## Explained crap remains crap [Two-Stage / GS Designs]

Dear Detlew!

❝ I'm quite sure: This is because of the simulation error. The differences of the TIE without and with min.n2 are so small.

❝ Any try with a different seed of the random number generator may and will change the comparison.

As usual you are right.
The standard error of a single estimate from 1 mio simulations is $$\small{\sqrt{0.5\alpha/10^6}\approx 0.00016}$$. With random seeds results spread but the trend is obvious:

25 replicates; blue dots fixed seeds, light blue dots random seeds. Model fits, 95% and 99% prediction intervals.

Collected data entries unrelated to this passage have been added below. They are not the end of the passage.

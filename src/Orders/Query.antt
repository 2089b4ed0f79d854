-- ===== src/Orders/Query.antt =====
-- The queries of `class OrdersStorage`: the orders that an index lists.
pub mod Unique
pub mod Opened
use swift_bot.Prelude.{
  ℕ, String, ◌≡◌, Bool, true, false, not, ◌&&◌, Option, none, some, List, [], ◌∷◌, ◌++◌, leb,
  if◌then◌else◌, ◌==◌ as nat_beq,
}
use swift_bot.Qt.Key.{text_key}
use swift_bot.Qt.Vector.{list_contains}
use swift_bot.Qt.Map.{Map, contains, insert, remove}
use swift_bot.Qt.Json.{JsonObject, get_text, put_text, json_eq}
use swift_bot.Orders.Order.{Env}
use swift_bot.Orders.Store.{Store, order_at}

-- `QDateTime::fromSecsSinceEpoch( … ).date()`, `QDate::currentDate()` and the date of a text, as
-- day numbers.
pub record Calendar : Type 0 where
  pub day_of : ℕ → ℕ
  pub today : ℕ
  pub day_of_text : String → ℕ

abbrev pub remote_text : JsonObject → String
remote_text o = get_text "" "remote_id" o

-- The loop of the queries: each listed order that is wanted, once for each remote id.
pub collect :
    (JsonObject → Bool)
    → (JsonObject → JsonObject)
    → Store
    → Map String ℕ
    → List String
    → List JsonObject
collect wanted dress s [] seen = []
collect wanted dress s ((uid, i) ∷ index) seen =
    let j = order_at s i in
    let skipped = collect wanted dress s index seen in
    let taken = collect wanted dress s index (seen ++ (remote_text j ∷ [])) in
    if wanted j && not (list_contains seen (remote_text j)) then dress j ∷ taken else skipped

module _ {D : Type 0} where
  pub of_market : Env D → ℕ → JsonObject → Bool
  of_market env pair j = nat_beq (env.to_uint (get_text "" "market_id" j)) pair

  pub get_closed_orders : Env D → Calendar → Store → List JsonObject
  unfolding collect
  get_closed_orders env c s =
      collect
        (λ j.
          not (json_eq j [])
          && nat_beq (c.day_of (env.to_ulonglong (get_text "" "created_at" j))) c.today)
        (λ j. j) s s.closed_orders []

  pub get_closed_orders_by_pair : Env D → Store → ℕ → List JsonObject
  unfolding collect of_market
  get_closed_orders_by_pair env s pair =
      collect (of_market env pair) (put_text "exchange_name" (env.market_exchange_name pair)) s
        s.closed_orders []

  -- The overload with a date.
  pub get_closed_orders_by_date : Env D → Calendar → Store → ℕ → String → List JsonObject
  unfolding collect of_market
  get_closed_orders_by_date env c s pair date =
      collect
        (λ j.
          of_market env pair j
          && nat_beq (c.day_of_text date) (c.day_of (env.to_uint (get_text "" "created_at" j))))
        (λ j.
          put_text "exchange_name"
            (env.market_exchange_name (env.to_uint (get_text "" "market_id" j))) j)
        s s.closed_orders []

  pub get_open_orders_by_pair : Env D → Store → ℕ → List JsonObject
  unfolding collect of_market
  get_open_orders_by_pair env s pair = collect (of_market env pair) (λ j. j) s s.open_orders []

  abbrev pub name_exchange : Env D → JsonObject → JsonObject
  name_exchange env j =
      if contains "exchange_name" j
      then j
      else put_text "exchange_name"
          (env.market_exchange_name (env.to_uint (get_text "" "market_id" j))) j

  -- An open order whose state is above 1 is moved to the closed ones. That takes it out of the map that is
  -- walked, and the iterator is then used further, which is undefined: `none`.
  pub settle_open : Env D → Map String ℕ → Store → Option (List JsonObject)
  settle_open env [] s = some []
  settle_open env ((uid, i) ∷ index) s =
      let j = order_at s i in
      let named = name_exchange env j in
      let rest = settle_open env index s in
      if json_eq j []
      then rest
      else if leb (env.to_uint (get_text "" "status" named)) 1
      then elim rest [ none ↦ none | some os ↦ some (named ∷ os) ]
      else none

  -- Where it answers, it leaves the store as it was.
  pub get_open_orders : Env D → Store → Option (List JsonObject)
  unfolding settle_open
  get_open_orders env s = settle_open env s.open_orders s
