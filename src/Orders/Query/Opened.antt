-- ===== src/Orders/Query/Opened.antt =====
-- What `getOpenOrders` answers, and where it is undefined.
use swift_bot.Prelude.{
  ◌≡◌, ℕ, refl, ◌⊎◌, inl, inr, true, false, none, some, List, [], ◌∷◌, All, All-map, Has,
  Bool-cases, leb, String,
}
use swift_bot.Qt.Map.{Map}
use swift_bot.Qt.Json.{JsonObject, get_text, json_eq}
use swift_bot.Orders.Order.{Env}
use swift_bot.Orders.Store.{Store, order_at}
use swift_bot.Orders.Query.{name_exchange, settle_open, get_open_orders}

module _ {D : Type 0} (env : Env D) (s : Store) where
  abbrev pub IsOpen : JsonObject → Type 0
  IsOpen j = leb (env.to_uint (get_text "" "status" j)) 1 ≡ true

  -- An entry whose order is not empty and not open.
  abbrev pub IsStale : String × ℕ → Type 0
  IsStale e =
      (json_eq (order_at s e.1) [] ≡ false)
      × (leb (env.to_uint (get_text "" "status" (name_exchange env (order_at s e.1)))) 1 ≡ false)

  -- The order of an entry is empty, or among the answered ones.
  abbrev pub IsAnswered : List JsonObject → String × ℕ → Type 0
  IsAnswered os e =
      (json_eq (order_at s e.1) [] ≡ true) ⊎ Has (name_exchange env (order_at s e.1)) os

  abbrev Answers : Map String ℕ → Type 0
  Answers index =
      ((os : List JsonObject) × (settle_open env index s ≡ some os)
        × All IsOpen os
        × All (IsAnswered os) index)
      ⊎ ((e : String × ℕ) × Has e index × IsStale e × (settle_open env index s ≡ none))

  settle_open-Answers : (index : Map String ℕ) → Answers index
  unfolding settle_open
  settle_open-Answers [] = inl ([], refl, tt, tt)
  settle_open-Answers ((uid, i) ∷ index) =
      let j = order_at s i in
      let named = name_exchange env j in
      let later = settle_open-Answers index in
      elim (Bool-cases (json_eq j [])) [
        | inl e ↦ elim later [
          | inl (os, run, opened, answered) ↦
              inl (os, rw (e, settle_open) run, opened, (inl e, answered))
          | inr (d, there, stale, run) ↦ inr (d, inr there, stale, rw (e, settle_open) run)
        ]
        | inr e ↦ elim (Bool-cases (leb (env.to_uint (get_text "" "status" named)) 1)) [
          | inr f ↦ inr ((uid, i), inl refl, (e, f), rw (e, f, settle_open) refl)
          | inl f ↦ elim later [
            | inl (os, run, opened, answered) ↦ inl (
              named ∷ os,
              rw (e, f, run, settle_open) refl,
              (f, opened),
              (inr (inl refl), All-map index (λ d a. wider os named d a) answered),
            )
            | inr (d, there, stale, run) ↦
                inr (d, inr there, stale, rw (e, f, run, settle_open) refl)
          ]
        ]
      ]
    where
      wider :
          (os : List JsonObject) (o : JsonObject) (d : String × ℕ)
          → IsAnswered os d
          → IsAnswered (o ∷ os) d
      wider os o d (inl empty) = inl empty
      wider os o d (inr there) = inr (inr there)

  -- `getOpenOrders` answers orders with an open state alone, and with them the order of every entry of its
  -- index that is not empty; or an entry's order is neither empty nor open, and the run is undefined.
  pub get_open_orders-IsOpen :
      ((os : List JsonObject) × (get_open_orders env s ≡ some os)
        × All IsOpen os
        × All (IsAnswered os) s.open_orders)
      ⊎ ((e : String × ℕ) × Has e s.open_orders × IsStale e × (get_open_orders env s ≡ none))
  unfolding get_open_orders
  get_open_orders-IsOpen = settle_open-Answers s.open_orders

Walking in the footsteps of zizou and trying an argument:
• In all methods the sample size of the second stage is estimated based on the adjusted α, the – generally – fixed GMR, target power, and the CV observed in the interim. Only for these conditions the respective adjusted α was validated (none of the published methods used a minimum n2). a
• Arbitrarily increasing n2 is a relevant change of the framework which would force it outside its validated boundaries. The chance to demonstrate BE (i.e., falsely rejecting the true Null) increases as well and hence, the Type I Error.
Since the α 0.0294 of Potvin’s1 Method B is overly conservative, ANVISA’s requirement fortunately controls the Type I Error (see the first plot above) but this might not be the case with other methods where the adjusted α gives a TIE closer to the nominal 0.05.

Consequences for the Consulta Pública N° 760:
• I don’t get the point why one should treat more subjects than necessary. IMHO, that’s not ethical. b
• If it will be implemented in its current form, one is bound to Potvin’s Method B.
Stupid because only applicable for GMR 0.95 and 80% power. Not fully adaptive (i.e., using the PE of the interim), no futility rules (maximum sample size, early stopping due to extreme PE, etc).
• Type 2 TSDs are seemingly not acceptable. Why? Fine for the FDA and Health Canada…
• Hopefully we can convince the ANVISA that other methods are valid as well. However, if the ANVISA insists on n2 ≥ 50% n1, simulations are mandatory to find a suitable – potentially lower – adjusted α.
• When nowadays dealing with crossover designs, I would leave the simulation-based methods aside and recommend Maurer’s2 approach instead. It is the most flexible one and allows to specify a minimum n2 (≥ 4) whilst controlling the TIE in the strict sense.
NB, the minimum n2 of the method is 4 (required for the ANOVA of the second stage).

1. The minimum n2 of two subjects given in the EMA’s Q&A document is nonsense for obvious reasons: If a second stage can be initiated (study failed in stage 1 and interim power below target), any software will come up with balanced sequences. What’s the minimum? Guess.
2. Sponsors will like the increased power (see the second plot above). However, regulators should be interested in protecting the public health and not the profits of the industry.

1. Potvin D, DiLiberti CE, Hauck WW, Parr AF, Schuirmann DJ, Smith RA. Sequential design approaches for bioequivalence studies with crossover designs. Pharm Stat. 2008; 7(4): 245–62. doi:10.1002/pst.294.
2. Maurer W, Jones B, Chen Y. Controlling the type 1 error rate in two-stage sequential designs when testing for average bioequivalence. Stat Med. 2018; 37(10): 1587–607. doi:10.1002/sim.7614.